Está muito mau, e se não chover forte e feio nos meses de Março e Abril como estão a prever que venha a ser, a situação vai ser muito complicada aqui para os Açores quando chegar o verão, porque o que não chove no Inverno, no verão terá consequências dramáticas. Os defensores que dizem que é normal o AA nesta altura estar deslocado a sul viram morrer por terra as suas teorias. Ou seja, como é que os defensores do clima explicam a persistência anormal durante meses afio da subida do AA? Ou seja, como explicar a infinidade deste comportamento atmosférico que não desarma? Ontem um meteorologista na televisão disse que n era normal esta situação atípica ( até aí toda a gente sabe), mas n soube responder o porquê desta continuidade da presença do AA. Já não era tempo para o AA descer de latitude, ou a presença deste centro de altas pressões é infinito? Isto parece que vai contra as leis da física. Nada é eterno mas pelos vistos o AA é! 

Abraço e cumprimentos


----------



## Rayco (12 Fev 2012 às 09:29)

alex vieria disse:


> Boa noite,
> 
> Cai neste momento chuva fraca, desde a pelo menos 20 minutos contínuos, já levou acumulado 0,6mm, nada mau... depois de meses sem ver isto....
> 
> Já existem relatos que existe neve em cotas acima dos 1600 mts de alt.



Bom dia.
Coincidentemente por aqui no oeste de La Palma também choveu depois de muitos meses sem chuva. Até agora, 6 mm.

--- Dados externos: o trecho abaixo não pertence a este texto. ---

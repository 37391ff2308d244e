-- ===== src/Server/Closing.antt =====
-- A connection that ends gives the slot of its role back.
use suplalite.Common.{
  never_both, ℕ, ◌≡◌, ◌≢◌, refl, sym, ap, ◌∙◌, true, false, Option, none, some, inl, inr,
  Option-cases,
}
use suplalite.Python.Result.{Result, ok}
use suplalite.Python.Bytes.{Bytes}
use suplalite.Python.Dict.{Dict, lookup, without}
use suplalite.Server.Types.{ServerState, eq_ℕ}
use suplalite.Server.World.{next_role, World, Role, anonymous, client, device, Conn, ◌>>◌, ◌>>=◌}
use suplalite.Server.Connections.{finish_end}
use suplalite.Server.Clients.{none≢some, some_injective}
use suplalite.Server.Reachable.{client_disconnected-IsConsistent}
use suplalite.Server.Ownership.{Owns}
use suplalite.Server.Releasing.{Owns-gone, Owns-released}
use suplalite.Server.Owned.{
  client_of, device_of, IsOwned, disconnected-IsLinked, other-IsConsistent,
}
use suplalite.Server.Disconnecting.{
  client_disconnected-none, client_disconnected-there, device_disconnected-none,
  device_disconnected-there,
}

module _ (kind : Role → Option ℕ) (conns : Dict ℕ Conn) (table : Dict ℕ ℕ) (k : ℕ) (c : Conn)
    (owns : Owns kind conns table) (there : lookup eq_ℕ conns k ≡ some c) where
  -- A slot that names the connection has the number of its role.
  named :
      (i : ℕ)
      → lookup eq_ℕ table i ≡ some k
      → (c.superseded ≡ false) × (kind (next_role c.context) ≡ some i)
  named i e =
      let (d, e1, e2, e3) = owns.held i k e in
      let same : c ≡ d = some_injective (sym there ∙ e1) in
      (
        ap (λ (x : Conn). x.superseded) same ∙ e2,
        ap (λ (x : Conn). kind (next_role x.context)) same ∙ e3,
      )

  idle-apart : kind (next_role c.context) ≡ none → (i : ℕ) → lookup eq_ℕ table i ≢ some k
  idle-apart idle i e = none≢some (sym idle ∙ (named i e).1)

  superseded-apart : c.superseded ≡ true → (i : ℕ) → lookup eq_ℕ table i ≢ some k
  superseded-apart dead i e = never_both dead (named i e).0

stranger-apart :
    (kind : Role → Option ℕ) (conns : Dict ℕ Conn) (table : Dict ℕ ℕ) (k i : ℕ) (c : Conn)
    → Owns kind conns table
    → lookup eq_ℕ conns k ≡ some c
    → kind (next_role c.context) ≡ some i
    → lookup eq_ℕ table i ≡ none
    → (j : ℕ) → lookup eq_ℕ table j ≢ some k
stranger-apart kind conns table k i c owns there role vacant j e =
    let same : i ≡ j = some_injective (sym role ∙ (named kind conns table k c owns there j e).1) in
    none≢some (sym vacant ∙ ap (lookup eq_ℕ table) same ∙ e)

-- What the end of a teardown leaves: the slots are owned, and the connection is gone.
abbrev pub Ended : ℕ → World → Result (Unit {0}) × World → Type 0
Ended k w (r, w') =
    IsOwned w'.state w'.conns
    × (w'.conns ≡ without eq_ℕ w.conns k)
    × (w'.ending ≡ without eq_ℕ w.ending k)

module _ (w : World) (owned : IsOwned w.state w.conns) (k : ℕ) (c : Conn)
    (there : lookup eq_ℕ w.conns k ≡ some c) where
  -- The state stays when a connection ends that no slot names.
  gone-IsOwned :
      ((i : ℕ) → lookup eq_ℕ w.state.client_connections i ≢ some k)
      → ((i : ℕ) → lookup eq_ℕ w.state.device_connections i ≢ some k)
      → IsOwned w.state (without eq_ℕ w.conns k)
  gone-IsOwned no_client no_device = record {
    clients = owned.clients;
    devices = owned.devices;
    client_slots =
        Owns-gone client_of w.conns w.state.client_connections owned.client_slots k no_client;
    device_slots =
        Owns-gone device_of w.conns w.state.device_connections owned.device_slots k no_device;
  }

  pub superseded_gone-IsOwned : c.superseded ≡ true → IsOwned w.state (without eq_ℕ w.conns k)
  superseded_gone-IsOwned dead =
      gone-IsOwned
        (superseded-apart client_of w.conns w.state.client_connections k c owned.client_slots there
          dead)
        (superseded-apart device_of w.conns w.state.device_connections k c owned.device_slots there
          dead)

  pub anonymous_gone-IsOwned :
      next_role c.context ≡ anonymous → IsOwned w.state (without eq_ℕ w.conns k)
  anonymous_gone-IsOwned e =
      gone-IsOwned
        (idle-apart client_of w.conns w.state.client_connections k c owned.client_slots there
          (ap client_of e))
        (idle-apart device_of w.conns w.state.device_connections k c owned.device_slots there
          (ap device_of e))

  module _ (g : Bytes) (i : ℕ) where
    finish_end-client :
        lookup eq_ℕ w.ending k ≡ some (client g i)
        → next_role c.context ≡ client g i
        → Ended k w (finish_end k w)
          × ((j : ℕ)
              → lookup eq_ℕ w.state.client_connections i ≡ some j
              → (finish_end k w).0 ≡ ok tt)
    unfolding finish_end
    finish_end-client waits role =
        let no_device =
          idle-apart device_of w.conns w.state.device_connections k c owned.device_slots there
            (ap device_of role) in
        elim (Option-cases (lookup eq_ℕ w.state.client_connections i)) [
          | inl e ↦
              let no_client =
                stranger-apart client_of w.conns w.state.client_connections k i c owned.client_slots
                  there (ap client_of role) e in
              rw (waits, client_disconnected-none w.state i e, finish_end, ◌>>=◌, ◌>>◌)
                (
                  (gone-IsOwned no_client no_device, refl, refl),
                  λ j e'. absurd (none≢some (sym e ∙ e')),
                )
          | inr (j, e) ↦
              let (cs, e1) = client_disconnected-there w.state i j owned.clients e in
              let clients = client_disconnected-IsConsistent w.state i owned.clients in
              rw (waits, e1, finish_end, ◌>>=◌, ◌>>◌)
                (
                  (
                    record {
                      clients = rw (← ap (λ (p : Result (Unit {0}) × ServerState). p.1) e1) clients;
                      devices = owned.devices;
                      client_slots =
                          Owns-released client_of w.conns w.state.client_connections
                            owned.client_slots k i c there (ap client_of role);
                      device_slots =
                          Owns-gone device_of w.conns w.state.device_connections owned.device_slots
                            k no_device;
                    },
                    refl,
                    refl,
                  ),
                  λ j' e'. refl,
                )
        ]

    finish_end-device :
        lookup eq_ℕ w.ending k ≡ some (device g i)
        → next_role c.context ≡ device g i
        → Ended k w (finish_end k w)
          × ((j : ℕ)
              → lookup eq_ℕ w.state.device_connections i ≡ some j
              → (finish_end k w).0 ≡ ok tt)
    unfolding finish_end
    finish_end-device waits role =
        let no_client =
          idle-apart client_of w.conns w.state.client_connections k c owned.client_slots there
            (ap client_of role) in
        elim (Option-cases (lookup eq_ℕ w.state.device_connections i)) [
          | inl e ↦
              let no_device =
                stranger-apart device_of w.conns w.state.device_connections k i c owned.device_slots
                  there (ap device_of role) e in
              rw (waits, device_disconnected-none w.state i e, finish_end, ◌>>=◌, ◌>>◌)
                (
                  (gone-IsOwned no_client no_device, refl, refl),
                  λ j e'. absurd (none≢some (sym e ∙ e')),
                )
          | inr (j, e) ↦
              let (d, e1, e2) = device_disconnected-there w.state i j owned.devices e in
              rw (waits, e2, finish_end, ◌>>=◌, ◌>>◌)
                (
                  (
                    record {
                      clients = other-IsConsistent w.state _ w.state.channels _ _ owned.clients;
                      devices =
                          disconnected-IsLinked w.state.devices w.state.device_connections
                            w.state.device_events owned.devices i (record d { online = false })
                            refl;
                      client_slots =
                          Owns-gone client_of w.conns w.state.client_connections owned.client_slots
                            k no_client;
                      device_slots =
                          Owns-released device_of w.conns w.state.device_connections
                            owned.device_slots k i c there (ap device_of role);
                    },
                    refl,
                    refl,
                  ),
                  λ j' e'. refl,
                )
        ]

-- The connection that has the slot of a role
abbrev pub slot_of : ServerState → Role → Option ℕ
slot_of s anonymous = none
slot_of s (client g i) = lookup eq_ℕ s.client_connections i
slot_of s (device g i) = lookup eq_ℕ s.device_connections i

-- The end of a teardown that waits, in a world where the slots are owned. It raises nothing if the slot of
-- the connection's role is taken.
pub finish_end-IsOwned :
    (w : World) (k : ℕ) (c : Conn) (r : Role)
    → IsOwned w.state w.conns
    → lookup eq_ℕ w.conns k ≡ some c
    → lookup eq_ℕ w.ending k ≡ some r
    → next_role c.context ≡ r
    → Ended k w (finish_end k w)
      × ((j : ℕ) → slot_of w.state r ≡ some j → (finish_end k w).0 ≡ ok tt)
unfolding finish_end
finish_end-IsOwned w k c anonymous owned there waits role =
    rw (waits, finish_end)
      ((anonymous_gone-IsOwned w owned k c there role, refl, refl), λ j e. refl)
finish_end-IsOwned w k c (client g i) owned there waits role =
    finish_end-client w owned k c there g i waits role
finish_end-IsOwned w k c (device g i) owned there waits role =
    finish_end-device w owned k c there g i waits role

E também neva nos picos acima de 1600 metros.

Deixo aqui imagem da webcam de Roque de Los Muchachos.

http://www.not.iac.es/weather/webcam/


----------



## alex vieria (12 Fev 2012 às 16:13)

Azor disse:


> Boa noite,
> 
> Por aqui aguaceiros e uma máxima de 13 º C
> 
> ...



Boa tarde, azor e rayco de canarias...


Bom em primeiro lugar os aquíferos estão um pouco abaixo, segundo o responsável do IGA- Madeira, mas ainda o próprio considerou que a situação não é muito dramática devido que os anos hidrológicos, 2009-2010 e 2010 - 2011 foram muito boas em termos de precipitação e ainda existe reservas subterrâneas nas entranhas da ilha, mas os seu níveis tende abaixar nos últimos meses, mesmo assim não é preocupante por agora, mas o mesmo responsável mencionou, se não chover dentro da média de março e abril, a partir de ai no mês de maio se poderá considerar uma situação de seca e possíveis racionamento da água nos meses de verão principalmente nos locais acima das linhas das “levadas” “são cursos de água fabricados pelo homem que transporta a água do norte para o sul da ilha e é considerado um património madeirense” portanto os locais acima dessas linhas e virados ao sul serão os mais sacrificados…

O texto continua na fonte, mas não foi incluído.